Console output shows processedCount incrementing to 2 for what is logically the same order, this is the double-processing bug in miniature. In production this would be RabbitMQ genuinely redelivering after a consumer crash, not two manual curl calls, but the resulting consumer-side symptom is identical.
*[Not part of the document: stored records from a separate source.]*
-- ===== src/Os/Quantum.antt =====
-- The turn of a process on a processor: the rounds from its dispatch until it is put back or done,
-- with no round of another thread between them.
use lab_os_assignment.Base.{
  ℕ, zero, suc, ◌+◌, ◌^◌, ◌<◌, ◌≤◌, ◌≡◌, refl, sym, ap, ◌∙◌, arith, none, some, length,
}
use lab_os_assignment.Outcome.{Outcome, ok, ◌>>=◌, >>=-assoc, >>=-cong}
use lab_os_assignment.Queue.{Proc}
use lab_os_assignment.Sched.{put_proc}
use lab_os_assignment.Cpu.{Pcb, run}
use lab_os_assignment.Cpu.Steps.{run_many, run-steps}
use lab_os_assignment.Os.Rounds.{keep, stored, ended, round_runs, round_preempts, round_finishes}
use lab_os_assignment.Os.{Machine, Event, waits, stops, CpuState, cpu_round}

-- At most `k` rounds of one processor, fewer if it ends.
pub cpu_rounds : (k fuel time_slot : ℕ) → CpuState → Machine → Outcome (Event × CpuState × Machine)
cpu_rounds zero fuel time_slot c m = ok (waits, c, m)
cpu_rounds (suc k) fuel time_slot c m = do
  r ← cpu_round fuel time_slot c m
  elim r.0 [ stops ↦ ok r | waits ↦ cpu_rounds k fuel time_slot r.1 r.2 ]

abbrev go_on :
    (k fuel time_slot : ℕ) → Event × CpuState × Machine → Outcome (Event × CpuState × Machine)
go_on k fuel time_slot (stops, c, m) = ok (stops, c, m)
go_on k fuel time_slot (waits, c, m) = cpu_rounds k fuel time_slot c m

cpu_rounds-suc :
    (k fuel time_slot : ℕ) (c : CpuState) (m : Machine)
    → cpu_rounds (suc k) fuel time_slot c m
      ≡ (cpu_round fuel time_slot c m >>= go_on k fuel time_slot)
unfolding cpu_rounds
cpu_rounds-suc k fuel time_slot c m = ap (λ f. cpu_round fuel time_slot c m >>= f) (λ i r. same r i)
  where
    same :
        (r : Event × CpuState × Machine)
        → elim r.0 [ stops ↦ ok r | waits ↦ cpu_rounds k fuel time_slot r.1 r.2 ]
          ≡ go_on k fuel time_slot r
    same (stops, c, m) = refl
    same (waits, c, m) = refl

go_on-zero : (fuel time_slot : ℕ) (r : Event × CpuState × Machine) → go_on 0 fuel time_slot r ≡ ok r
unfolding cpu_rounds
go_on-zero fuel time_slot (stops, c, m) = refl
go_on-zero fuel time_slot (waits, c, m) = refl

-- Rounds that begin in the middle of a turn: the first runs an instruction.
turn_suc :
    (k count left fuel time_slot : ℕ) (m : Machine) (p : Proc) (pcb : Pcb)
    (after : Pcb → Outcome (Event × CpuState × Machine))
    → pcb.pc < length pcb.text
    → suc left < 2 ^ 31
    → ((next : Pcb)
        → length next.text ≡ length pcb.text
        → next.pc ≡ pcb.pc + 1
        → cpu_rounds k fuel time_slot (record { proc = some p; time_left = left }) (keep m p next)
          ≡ (run_many fuel count next >>= after))
    → cpu_rounds
        (suc k)
        fuel
        time_slot
        (record { proc = some p; time_left = suc left })
        (keep m p pcb)
      ≡ (run_many fuel (suc count) pcb >>= after)
unfolding run_many
turn_suc k count left fuel time_slot m p pcb after before small rest =
    cpu_rounds-suc k fuel time_slot (record { proc = some p; time_left = suc left }) (keep m p pcb)
    ∙ ap (λ x. x >>= go_on k fuel time_slot) (round_runs fuel time_slot left m p pcb before small)
    ∙ >>=-assoc (run fuel pcb) _ (go_on k fuel time_slot)
    ∙ >>=-cong (run fuel pcb) _ (λ r. run_many fuel count r.1 >>= after)
        (λ r done.
          (let (text, pc) = run-steps fuel pcb r done before in rest r.1 (ap length text) pc))
    ∙ sym (>>=-assoc (run fuel pcb) (λ r. run_many fuel count r.1) after)

-- A process whose time slot ends first: `left` rounds run one instruction each, as `left` calls of
-- `run` on the process alone do, and the next round puts it back into the queue of its priority. The
-- processor is then idle, or ends if the loader is done.
pub turn-preempted :
    (left fuel time_slot : ℕ) (m : Machine) (p : Proc) (pcb : Pcb)
    → pcb.pc + left < length pcb.text
    → left < 2 ^ 31
    → cpu_rounds
        (suc left)
        (suc fuel)
        time_slot
        (record { proc = some p; time_left = left })
        (keep m p pcb)
      ≡ (run_many (suc fuel) left pcb >>= λ last. put_proc m.sched p >>= λ s. ok (
        ended m.done,
        record { proc = none; time_left = 0 },
        record (keep m p last) { sched = s },
      ))
unfolding run_many
turn-preempted zero fuel time_slot m p pcb before small =
    cpu_rounds-suc 0 (suc fuel) time_slot (record { proc = some p; time_left = 0 }) (keep m p pcb)
    ∙ ap (λ x. x >>= go_on 0 (suc fuel) time_slot)
        (round_preempts fuel time_slot m p pcb (omega arith))
    ∙ >>=-assoc (put_proc m.sched p) _ (go_on 0 (suc fuel) time_slot)
    ∙ ap (λ f. put_proc m.sched p >>= f)
        (λ i s.
          go_on-zero (suc fuel) time_slot
            (
              ended m.done,
              record { proc = none; time_left = 0 },
              record (keep m p pcb) { sched = s },
            )
            i)
turn-preempted (suc left) fuel time_slot m p pcb before small =
    turn_suc (suc left) left left (suc fuel) time_slot m p pcb _ (omega arith) small
      λ next size pc. turn-preempted left fuel time_slot m p next (omega arith) (omega arith)

-- A process that finishes in its time slot, or in its last round: `rest` rounds run the rest of its
-- instructions, as `rest` calls of `run` on the process alone do, and the next round frees it and
-- keeps RAM and swap; the queues are as before. The processor is then idle, or ends if the loader is
-- done.
pub turn-finished :
    (rest left fuel time_slot : ℕ) (m : Machine) (p : Proc) (pcb : Pcb)
    → pcb.pc + rest ≡ length pcb.text
    → rest ≤ left
    → left < 2 ^ 31
    → cpu_rounds
        (suc rest)
        (suc fuel)
        time_slot
        (record { proc = some p; time_left = left })
        (keep m p pcb)
      ≡ (run_many (suc fuel) rest pcb >>= λ last.
          ok (ended m.done, record { proc = none; time_left = 0 }, stored m p none last))
unfolding run_many
turn-finished zero left fuel time_slot m p pcb over le small =
    cpu_rounds-suc 0 (suc fuel) time_slot (record { proc = some p; time_left = left })
      (keep m p pcb)
    ∙ ap (λ x. x >>= go_on 0 (suc fuel) time_slot)
        (round_finishes fuel time_slot left m p pcb (omega arith))
    ∙ go_on-zero (suc fuel) time_slot
        (ended m.done, record { proc = none; time_left = 0 }, stored m p none pcb)
turn-finished (suc rest) zero fuel time_slot m p pcb over le small = absurd (omega arith)
turn-finished (suc rest) (suc left) fuel time_slot m p pcb over le small =
    turn_suc (suc rest) rest left (suc fuel) time_slot m p pcb _ (omega arith) small λ next size pc.
      turn-finished rest left fuel time_slot m p next (omega arith) (omega arith) (omega arith)
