-- ===== src/Samples/Booted.antt =====
-- A system with one processor and two pages of RAM; and a configuration.
use lab_os_assignment.Base.{ℕ, zero, suc, List, ◌^◌, some, none, [], ◌∷◌, replicate, false}
use lab_os_assignment.Chain.{null, node}
use lab_os_assignment.Device.{Device}
use lab_os_assignment.Queue.{Proc, Queue}
use lab_os_assignment.Sched.{Sched}
use lab_os_assignment.Cpu.{Inst, calc}
use lab_os_assignment.Samples.{swap}
use lab_os_assignment.Os.Config.{Config}
use lab_os_assignment.Os.System.{System, idle}

abbrev pub none_yet : Queue
none_yet = record { proc = replicate 10 none; size = 5; time_slot = 5 }

abbrev pub unset : Sched
unset = record {
  mlq_ready_queue = replicate 140 none_yet;
  ready_queue = none_yet;
  run_queue = none_yet;
}

abbrev pub ready : ℕ → List Queue
ready zero = []
ready (suc n) = record none_yet { size = 0; time_slot = suc n } ∷ ready n

abbrev pub formatted : Device
formatted = record swap { storage = replicate 512 0; free_fp_list = node 0 (node 1 null) }

abbrev pub booted : System
booted = record {
  machine = record {
    mram = formatted;
    active_mswp = formatted;
    sched = record {
      mlq_ready_queue = ready 140;
      ready_queue = record none_yet { size = 0 };
      run_queue = record none_yet { size = 0 };
    };
    tasks = λ pid. none;
    done = false;
  };
  cpus = some idle ∷ [];
  ld = some (record { i = 0; proc = none; avail_pid = 1 });
  time = 0;
}

abbrev pub instruction : Inst
instruction = record { opcode = calc; arg_0 = 0; arg_1 = 0; arg_2 = 0 }

abbrev pub process : Proc
process = record { pid = 1; prio = 3 }

-- Two processors and one process, which is to run the file "p".
abbrev pub config : Config
config = record {
  time_slot = 2;
  num_cpus = 2;
  num_processes = 1;
  memramsz = 2 ^ 20;
  memswpsz = 2 ^ 24 ∷ 0 ∷ 0 ∷ 0 ∷ [];
  ld_processes = record { path = b'p' ∷ []; start_time = 4; prio = 130 } ∷ [];
}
Step 3: Add an idempotency check using an in-memory Set of seen message IDs (a real implementation would use a DB unique constraint or a Redis dedup key so it survives restarts and works across multiple instances, the Set here is just for a quick local demo):

@Component
public class OrderConsumer {

    private final Set<String> seenOrderIds = ConcurrentHashMap.newKeySet();
    private final AtomicInteger processedCount = new AtomicInteger(0);

    @RabbitListener(queues = RabbitConfig.QUEUE)
    public void handleOrder(String orderJson) {
        String orderId = extractOrderId(orderJson); // e.g., simple JSON parse

        if (!seenOrderIds.add(orderId)) {
            System.out.println("Skipping duplicate delivery of " + orderId);
            return;
        }

        processedCount.incrementAndGet();
        System.out.println("Processed order (count=" + processedCount.get() + "): " + orderJson);
    }
}

Step 4: Re-run the same two curl calls from Step 2. This time, the console shows the order processed once and the second delivery logged as Skipping duplicate delivery of ORD-1, processedCount stays at 1. This is the idempotent-consumer pattern a support engineer needs to recognize in someone else’s code, not necessarily hand-build in production: check a unique ID against an already-processed store before applying any side effect.

✅ Checkpoint

You should now be able to:

Distinguish broker-side CPU credit throttling from app-side JVM GC pauses using scope (broker-wide vs. single-consumer) and timestamp correlation, without needing to be told which one it is.
Explain why “unlimited burst mode” is a cost/approval decision, not a quiet fix to flip during an incident.
Explain to a downstream team, with evidence, why a duplicate or out-of-order message is expected at-least-once/concurrent-consumer behavior rather than a RabbitMQ defect.
Recognize an idempotent consumer pattern (unique-ID dedup check, naturally idempotent operations) well enough to confirm whether an app team’s code has one.